Вот этого наши свежеиспеченные «националисты» не хотят понимать, или притворяется непонимающими. Дешево они продают наш национализм — за жаргон да за самостоятельной ведение нашими благотворительными учреждения и, ибо от религии они уже давно отказались. В конце концов, я не отдам ни одного действительного религиозного еврея, основательно знающего наш национальный язык и глубоко верующего в пришествие Мессии за тысячу еврейских «прогрессивных националистов», вытравивших из своих душ все еврейское и оставивших одно только уродливое сознание голуса — жаргон, которого многие из них и не знают, который они отстаивают без веры и любви. Религиозный еврей инстинктивно познает, что теперь у нас ничего нет, но он верит, что мы снова заживем полной национальной жизнью, и стремится к этой жизни. В нем слабо национальное сознание, но развить глубокое национальное чувство. Те же, которые основывают все семейство на жаргоне, лишены этого чувства, без которого немыслимо и национальное сознание. У них остались только пустые, безжизненные рассуждения о национализме.
II
[править]Следует, однако, отличать национальные права от национальной жизни. Вы можете по собственному желанию остаться дома за работой по целым дням и не выходить на улицу, — это вам не причинил никаких страданий. Если же вас насильно посадят дома хоть на одну неделю, т. е. если вас подвергнут домашнему ареста на семь дней, то вы от этого будете глубоко страдать. То же самое относится и к национальным правам. Сможете ли вы действительно использовать эти права в своих интересах другой вопрос, но иметь их — очень важно. Наше человеческое достоинство требует, чтобы мы везде были признаны официально особой нацией, чтобы мы имели право самостоятельно устраивать свои дела, свои общины, свои просветительные учреждения, чтобы мы имели право преподавать в наших школах на желательно нам языке, на еврейской, жаргоне или даже на русском, — как нам угодно будет. Мы вправе требовать, чтобы в местностях с преобладающим еврейский населением чиновники обязаны были знать наш язык, одним словом, как люди, мы имеем право защищать наше человеческое достоинство. Захотят ли евреи посылать своих детей в русские или жаргонных школы — покажет сама жизнь, но нам должно быть предоставлении право преподавать в наших школах на желательном нам языке. Это ясно, и если бы все стали на такую точку зрения, то мы избегли бы многих бесполезных пререканий и чрезвычайно вредной внутренней борьбы.

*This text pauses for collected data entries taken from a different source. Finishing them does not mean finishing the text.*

-- ===== src/HostStatus/Choice.antt =====
-- dpark/hostatus.py: `offer_choice` and `_random_weighted_choice`. The draw `random.uniform(0,
-- total)` is the parameter `uniform`, a function of the total; fractions stand for the floats.
use dpark.Common.{
  ℕ, ◌+◌, ◌*◌, Bool, Option, none, some, List, [], ◌∷◌, contains, lookup, leb, if◌then◌else◌,
  Result, ok, raise, key_error, assertion_error, or_raise, ◌>>=◌, map,
}
use dpark.Common.Dicts.{put}
use dpark.Task.{TaskId, Host}
use dpark.HostStatus.{HostStatus, HostManager, should_forbit, recent_succeed_rate, failed_on}

abbrev pub Fraction : Type 0
Fraction = ℕ × ℕ

abbrev pub plus : Fraction → Fraction → Fraction
plus (a, b) (c, d) = (a * d + c * b, b * d)

abbrev pub at_most : Fraction → Fraction → Bool
at_most (a, b) (c, d) = leb (a * d) (c * b)

abbrev pub Weighted : Type 0
Weighted = List (Host × Fraction)

-- `sum(w for h, w in w_list)`, from `total`
abbrev pub sum_from : Fraction → Weighted → Fraction
sum_from total [] = total
sum_from total ((h, w) ∷ l) = sum_from (plus total w) l

-- the loop of `_random_weighted_choice`
unfoldable pub choose_from : Fraction → Fraction → Weighted → Result Host
choose_from chosen cur [] = raise assertion_error
choose_from chosen cur ((h, w) ∷ l) =
    let rest = choose_from chosen (plus cur w) l in
    if at_most chosen (plus cur w) then ok h else rest

unfoldable pub random_weighted_choice : (Fraction → Fraction) → Weighted → Result Host
unfolding choose_from
random_weighted_choice uniform l = choose_from (uniform (sum_from (0, 1) l)) (0, 1) l

-- the part of the offers that a host falls in
pub data Part : Type 0 where
  ordinary failed forbidden : Part

-- one host of the loop: its status afterwards, its part, and its success rate if it is asked for
unfoldable pub classify : ℕ → TaskId → List Host → Host → HostStatus → HostStatus × Part × Fraction
unfolding should_forbit recent_succeed_rate
classify now id blacklist host h =
    if contains blacklist host
    then (h, Part.forbidden, (0, 1))
    else (let (h₁, masked) = should_forbit now id h in
        let (h₂, rate) = recent_succeed_rate now h₁ in
        if masked
        then (h₁, Part.forbidden, (0, 1))
        else (h₂, (if failed_on id h₁ then Part.failed else Part.ordinary), rate))

-- `ordi_hosts` and `fail_hosts`
pub record Sorted : Type 0 where
  pub ordi_hosts : Weighted
  pub fail_hosts : Weighted

abbrev pub add_to : Part → Host → Fraction → Sorted → Sorted
add_to Part.ordinary host w p = record p { ordi_hosts = (host, w) ∷ p.ordi_hosts }
add_to Part.failed host w p = record p { fail_hosts = (host, w) ∷ p.fail_hosts }
add_to Part.forbidden host w p = p

-- the loop of `offer_choice` over the hosts of the offers, in their order
unfoldable pub sort_hosts :
    ℕ
    → TaskId
    → List Host
    → List Host
    → List (Host × HostStatus)
    → Result (List (Host × HostStatus) × Sorted)
unfolding classify
sort_hosts now id blacklist [] d = ok (d, record { ordi_hosts = []; fail_hosts = [] })
sort_hosts now id blacklist (host ∷ hosts) d = do
  h ← or_raise (lookup host d) key_error
  let (h', part, w) = classify now id blacklist host h
  (d', p) ← sort_hosts now id blacklist hosts (put host h' d)
  ok (d', add_to part host w p)

module _ {Offer : Type 0} where
  -- `host_offers[self._random_weighted_choice(l)]`
  unfoldable pub choose_offer :
      (Fraction → Fraction) → List (Host × (ℕ × Offer)) → Weighted → Result (ℕ × Offer)
  unfolding random_weighted_choice
  choose_offer uniform offers l = do
    host ← random_weighted_choice uniform l
    or_raise (lookup host offers) key_error

  unfoldable pub choose_part :
      (Fraction → Fraction) → List (Host × (ℕ × Offer)) → Sorted → Result (Option (ℕ × Offer))
  unfolding choose_offer
  choose_part uniform offers p = elim p.ordi_hosts [
    | w ∷ ws ↦ choose_offer uniform offers (w ∷ ws) >>= λ o. ok (some o)
    | [] ↦ elim p.fail_hosts [
      | w ∷ ws ↦ choose_offer uniform offers (w ∷ ws) >>= λ o. ok (some o)
      | [] ↦ ok none
    ]
  ]

  -- `offer_choice`
  unfoldable pub offer_choice :
      ℕ
      → (Fraction → Fraction)
      → TaskId
      → List (Host × (ℕ × Offer))
      → List Host
      → HostManager
      → Result (HostManager × Option (ℕ × Offer))
  unfolding sort_hosts choose_part
  offer_choice now uniform id offers blacklist m = do
    (d, p) ← sort_hosts now id blacklist (map (λ e. e.0) offers) m.host_dict
    o ← choose_part uniform offers p
    ok (record m { host_dict = d }, o)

За последнее время у нас расплодилось множество горячих защитников жаргона, как фактора и необходимо го условия для развития национальной культуры. Я вспоминаю теперь учительский съезд, состоявшийся в Вильне несколько лет назад. На этом съезде серьезно проводились мысль об окончательно исключение из программы еврейских школ «древне»-еврейского языка и всего того, что находится в связи с ним. Один жаргонных писатель предложил даже перевести Библию на жаргон, дабы отвлечь этим евреев от исторического языка. Другие предлагали, чтобы начали писать на жаргоне латинскими буквами, дабы не только язык, но и внешняя форма Торы пришла в забвение. Все эти предложения доказывают, что их авторы совершенно незнакомы с нашей историей.
Евреи уже раз пережили такое время: это было две тысячи лет тому назад в Александрии (Египет). И там появились в то время такого рода «националисты», как в наше время. Они не только говорили, но и делали: они перевели Библию на греческий язык, которым тамошние евреи пользовались тогда в повседневной, и в своей духовной жизни. Евреи тогда пользовались всеми национальным правами: они имели самостоятельную общинную организацию, собственные школы, даже храм («Mikdasch-Cohnjo»). Они управлялись собственными старейшинами, судились в специально еврейских судебных установлениях, одним словом — обладали одной национальной автономией. Александрийские евреи имели все, о чем сейчас мечтают наши современные «националисты», а чем это все кончилось? Где теперь александрийские еврейство, что оно по себе оставили, где духовная преемственность и связь между ним и современным еврейство? Александрийские евреи бесследно исчезли. Для последующие поколений они ничего не оставили, кроме некоторых произведений Филона, которыми другие народы пользуются гораздо больше, чем мы.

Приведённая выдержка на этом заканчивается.